『紅顔』 御気楽日記2001.12.03分



「そのお心」
「拾わせていただいて、よろしゅうございますか」


書名: 『紅顔』
著者:井上祐美子
発行所:講談社(講談社文庫)
ジャンル:歴史小説
おすすめ度:☆☆☆


「しまった」
 呉三桂はひとり、口走ってから立ちすくんだ。
(たった今、俺はなにを考えた)
 おのれの声を聞いて、はじめておのれの本心を垣間見たのだ。
(絶好の機会だったのに、とは思わなかったか?)
 なにが絶好の機会だ−。
(京師を制圧する機会だ)

 一瞬でも帝王でありたいと思ってしまった呉三桂。そんな、裏切り者と歴史に 書き残された呉三桂と傾国の美女円円の物語。

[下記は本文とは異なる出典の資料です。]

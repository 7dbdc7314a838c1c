-- ===== src/Revisions/Handling/Stale.antt =====
-- Answers to loads that another one has followed, on their way through Update of
-- internal/ui/revisions/revisions.go.
use jjui.Jj.Selections.{Commit}
use mathlib.Core.Bool.{false≢true}
use jjui.Prelude.{
  ◌≡◌, refl, String, Bool, true, false, not, Option, none, some, List, [], ◌∷◌, ◌++◌, ◌==◌, All,
}
use jjui.Revisions.Handling.{
  Message, loaded_msg, streaming_msg, batch_msg, Updated, listed, handle, on_loaded, on_batch,
  on_streaming,
}
use jjui.Revisions.Intents.{Intent}
use jjui.Revisions.Layers.{RevisionsView}
use jjui.Revisions.Messages.{
  update_revisions_msg, streaming_ready_msg, append_rows_batch_msg, update,
}
use jjui.Revisions.Reachable.{Stays, update-Stays}
use jjui.Revisions.Sending.{Models}
use jjui.Prelude.{ℕ}
use jjui.Revisions.{Model}

abbrev pub is_stale_answer : ℕ → Message → Bool
is_stale_answer tag (loaded_msg rows t) = not (t == tag)
is_stale_answer tag (streaming_msg highlighted has_streamer failed t) = not (t == tag)
is_stale_answer tag (batch_msg last_row_index rows has_more t) = not (t == tag)
is_stale_answer tag msg = false

abbrev pub with_request : Bool → RevisionsView → RevisionsView
with_request b v = record v { list = record v.list { request_in_flight = b } }

module _ (run : List String → String × Bool) (texts_of : Commit → List String) {F : Type 0}
    (models : Models Message Intent F) where
  -- The messages one after the other, with all that the program is asked for.
  unfoldable pub handle_all : List Message → RevisionsView → Updated F
  handle_all [] v = some (v, [])
  handle_all (msg ∷ msgs) v = elim (handle run texts_of models msg v) [
    | none ↦ none
    | some (w, effects) ↦ elim (handle_all msgs w) [
      | none ↦ none
      | some (u, more) ↦ some (u, effects ++ more)
    ]
  ]

  abbrev Quiet : RevisionsView → Updated F → Type 0
  Quiet v r = (b : Bool) × (r ≡ some (with_request b v, []))

  listed-Quiet :
      (v : RevisionsView) (r : Option (Model × Bool)) → Stays v.list r → Quiet v (listed r v)
  listed-Quiet v r (b, e) = (b, rw e refl)

  handle-Quiet :
      (msg : Message) (v : RevisionsView)
      → is_stale_answer v.list.tag msg ≡ true
      → Quiet v (handle run texts_of models msg v)
  unfolding handle on_loaded on_batch on_streaming
  handle-Quiet (loaded_msg rows t) v h =
      rw (on_loaded, h)
        (listed-Quiet v (update run (update_revisions_msg rows t) v.list)
          (update-Stays run (update_revisions_msg rows t) v.list h))
  handle-Quiet (streaming_msg s a b t) v h =
      rw (on_streaming, h)
        (listed-Quiet v (update run (streaming_ready_msg s a b t) v.list)
          (update-Stays run (streaming_ready_msg s a b t) v.list h))
  handle-Quiet (batch_msg l rows more t) v h =
      rw (on_batch, h)
        (listed-Quiet v (update run (append_rows_batch_msg l rows more t) v.list)
          (update-Stays run (append_rows_batch_msg l rows more t) v.list h))
  handle-Quiet msg v h = absurd (false≢true h)

  -- Whatever answers come to loads that another one has followed, none of them changes the list, its
  -- operation or its layers, and the program is asked for nothing: only the note that a request is
  -- under way may be gone.
  pub handle_all-Quiet :
      (msgs : List Message) (v : RevisionsView)
      → All (λ msg. is_stale_answer v.list.tag msg ≡ true) msgs
      → (b : Bool) × (handle_all msgs v ≡ some (with_request b v, []))
  unfolding handle_all
  handle_all-Quiet [] v h = (v.list.request_in_flight, refl)
  handle_all-Quiet (msg ∷ msgs) v h =
      let (b, e) = handle-Quiet msg v h.0 in
      let (c, f) = handle_all-Quiet msgs (with_request b v) h.1 in (c, rw (handle_all, e, f) refl)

 歴史的に彼がいい評価をうけていないのは分かっているので、流れにのまれて流されていく しかない虚しさというような雰囲気が、そこはかとなく漂ってます。でも、その雰囲気嫌いじゃないです。
 気が付いてしまった自分の野心を消す事が出来なかった呉三桂の行く末とは…。

 呉三桂と円円に対するキャラクターが生き生きしています。帝王となりたい呉三桂に対する のは常に帝王であったドルゴン、裏切り者の呉三桂と円円に対して、滅び行く明へ節を守ろうとした 銭謙益と如是。それぞれに自分の想いを貫き生きて行く姿が、立場は違えどそれぞれ光っています。

 難点を言えば、歴史小説だけに歴史の説明的文章。ちょっと眠くなるかも。